No. It moves with borrowing demand. High demand raises the rate. Low demand brings it down. The displayed rate reflects current conditions.

What is a curator, and who is Steakhouse?

A curator defines how a vault operates: which markets it uses, what collateral is accepted, and how risk is managed. Steakhouse is the independent curator of the USDC Prime and USDT Prime vaults that Trezor uses. They manage allocations across established lending markets and have a publicly documented methodology.

Why Morpho?

Morpho has been live on Ethereum since 2022 and has operated through multiple market cycles. It's one of the largest lending protocols on Ethereum, audited by multiple independent firms. Its vault architecture lets Trezor select specific vaults instead of exposing you to the wider open market.

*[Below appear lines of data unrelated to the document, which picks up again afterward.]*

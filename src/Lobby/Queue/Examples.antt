-- ===== src/Lobby/Queue/Examples.antt =====
-- The theorems on the packet queue at two packets.
use ship_server.Base.{ℤ, ℕ, ◌≡◌, refl, Bool, true, false, List, [], ◌∷◌, ◌==◌, pos, All}
use ship_server.Lobby.{Packet, Lobby}
use ship_server.Lobby.Flag
use ship_server.Lobby.Sample.{team}
use ship_server.Lobby.Queue.{command0, command2, is_known, fails, lobby_handle_done_burst}
use ship_server.Lobby.Queue.Order.{
  due, with_values, IsDone, enqueue_all, lobby_handle_done_burst-fifo,
}

abbrev packet : ℕ → ℕ → Packet
packet src type = record { src = src; pkt_type = type; bytes = src ∷ [] }

abbrev bursting_team : List Packet → Lobby
bursting_team q = record team { flags = Flag.bursting; pkt_queue = q }

abbrev first_packet : Packet
first_packet = packet 10 command0

abbrev second_packet : Packet
second_packet = packet 11 command2

-- A handler that never fails, and one that fails on packets of sender 11.
abbrev works : Packet → Bool
works p = false

abbrev fails_on_11 : Packet → Bool
fails_on_11 p = p.src == 11

both_known : All (λ p. is_known p ≡ true) (first_packet ∷ second_packet ∷ [])
both_known = (refl, (refl, tt))

both_work : All (λ p. fails works works p ≡ false) (first_packet ∷ second_packet ∷ [])
unfolding fails
both_work = (refl, (refl, tt))

-- Registers 7 and 9 have values; sending 9 fails.
abbrev synced_team : Lobby
synced_team = record (bursting_team []) {
  q_flags = Flag.q_sync_regs;
  syncregs = 7 ∷ 8 ∷ 9 ∷ 10 ∷ [];
  regvals = 1 ∷ 0 ∷ 5 ∷ 6 ∷ [];
}

abbrev fails_on_9 : ℕ → ℕ → Bool
fails_on_9 r v = r == 9

test_due : due synced_team true ≡ (7, 1) ∷ (9, 5) ∷ (10, 6) ∷ []
unfolding with_values
test_due = refl

lobby_handle_done_burst-fifo_example :
    let l' = enqueue_all synced_team (first_packet ∷ second_packet ∷ []) in
    IsDone fails_on_9
      (first_packet ∷ second_packet ∷ [])
      (due l' true)
      (lobby_handle_done_burst works works fails_on_9 l' true)
lobby_handle_done_burst-fifo_example =
    lobby_handle_done_burst-fifo fails_on_9 works works synced_team
      (first_packet ∷ second_packet ∷ []) true refl refl both_known both_work

first_works : fails works fails_on_11 first_packet ≡ false
unfolding fails
first_works = refl

second_fails : fails works fails_on_11 second_packet ≡ true
unfolding fails
second_fails = refl

-- Sending succeeds.
abbrev sent_well : Packet → ℤ
sent_well p = pos 0
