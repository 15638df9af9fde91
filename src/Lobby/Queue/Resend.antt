-- ===== src/Lobby/Queue/Resend.antt =====
-- Packets for a player that bursts come out of the burst queue as they went in.
use ship_server.Base.{
  ◌≡◌, refl, sym, ap, ◌∙◌, Bool, true, ◌||◌, List, [], ◌∷◌, ◌++◌, ◌==◌, ℤ, pos, has_flag,
  append-nil, append_assoc, All, arith,
}
use ship_server.Lobby.{Packet, Lobby}
use ship_server.Lobby.Flag
use ship_server.Lobby.Queue.{
  command2, command_d, lobby_enqueue_burst, lobby_enqueue_pkt_ex, resend, lobby_resend_burst,
}

-- The types that are sent to one client.
abbrev is_direct : Packet → Bool
is_direct p = p.pkt_type == command2 || p.pkt_type == command_d

enqueue_bursts : Lobby → List Packet → Lobby
enqueue_bursts l [] = l
enqueue_bursts l (p ∷ ps) = enqueue_bursts (lobby_enqueue_burst true l p).1 ps

enqueue_one :
    (l : Lobby) (p : Packet)
    → has_flag l.flags Flag.bursting ≡ true
    → is_direct p ≡ true
    → (lobby_enqueue_burst true l p).1 ≡ record l { burst_queue = l.burst_queue ++ (p ∷ []) }
unfolding lobby_enqueue_burst lobby_enqueue_pkt_ex
enqueue_one l p b k = rw b (ground arith)

enqueue_bursts-queue :
    (l : Lobby) (ps : List Packet)
    → has_flag l.flags Flag.bursting ≡ true
    → All (λ p. is_direct p ≡ true) ps
    → (enqueue_bursts l ps).burst_queue ≡ l.burst_queue ++ ps
unfolding enqueue_bursts
enqueue_bursts-queue l [] b k = sym (append-nil l.burst_queue)
enqueue_bursts-queue l (p ∷ ps) b k =
    ap (λ (x : Lobby). (enqueue_bursts x ps).burst_queue) (enqueue_one l p b k.0)
    ∙ enqueue_bursts-queue (record l { burst_queue = l.burst_queue ++ (p ∷ []) }) ps b k.1
    ∙ append_assoc l.burst_queue (p ∷ []) ps

resend-ok :
    (send : Packet → ℤ) (q : List Packet)
    → All (λ p. is_direct p ≡ true) q
    → All (λ p. send p ≡ pos 0) q
    → resend send (pos 0) q ≡ (pos 0, q)
unfolding resend
resend-ok send [] k h = refl
resend-ok send (p ∷ q) k h = rw (k.0, h.0) (rw (resend-ok send q k.1 h.1) refl)

-- The packets of the types for one client that `lobby_enqueue_burst` keeps while that client
-- bursts, if none waited before, are sent once each and in order by `lobby_resend_burst`, if no
-- sending fails; the queue is then empty and the answer 0.
lobby_resend_burst-fifo :
    (send : Packet → ℤ) (l : Lobby) (ps : List Packet)
    → l.burst_queue ≡ []
    → has_flag l.flags Flag.bursting ≡ true
    → All (λ p. is_direct p ≡ true) ps
    → All (λ p. send p ≡ pos 0) ps
    → let (rv, sent, l') = lobby_resend_burst send (enqueue_bursts l ps) in
      (rv ≡ pos 0) × (sent ≡ ps) × (l'.burst_queue ≡ [])
unfolding lobby_resend_burst
lobby_resend_burst-fifo send l ps empty b k h =
    rw (enqueue_bursts-queue l ps b k, empty, resend-ok send ps k h) (refl, refl, refl)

What are the vault tokens I receive?

ERC-20 tokens (trSHUSDCp for USDC, trSHUSDTp for USDT) that represent your position in the vault. They're your claim on deposited stablecoins plus accrued yield. Hold onto them and convert back to stablecoins by withdrawing in Trezor Suite.

Can stablecoins depeg?

It's possible. USDC and USDT have generally held close to $1, but both have had brief depeg events in the past. That risk exists wherever you hold the stablecoin and is independent of the vault.

Are my assets held by Trezor?

No. Trezor never holds your funds. Your stablecoins go directly into Morpho vaults on Ethereum through smart contracts.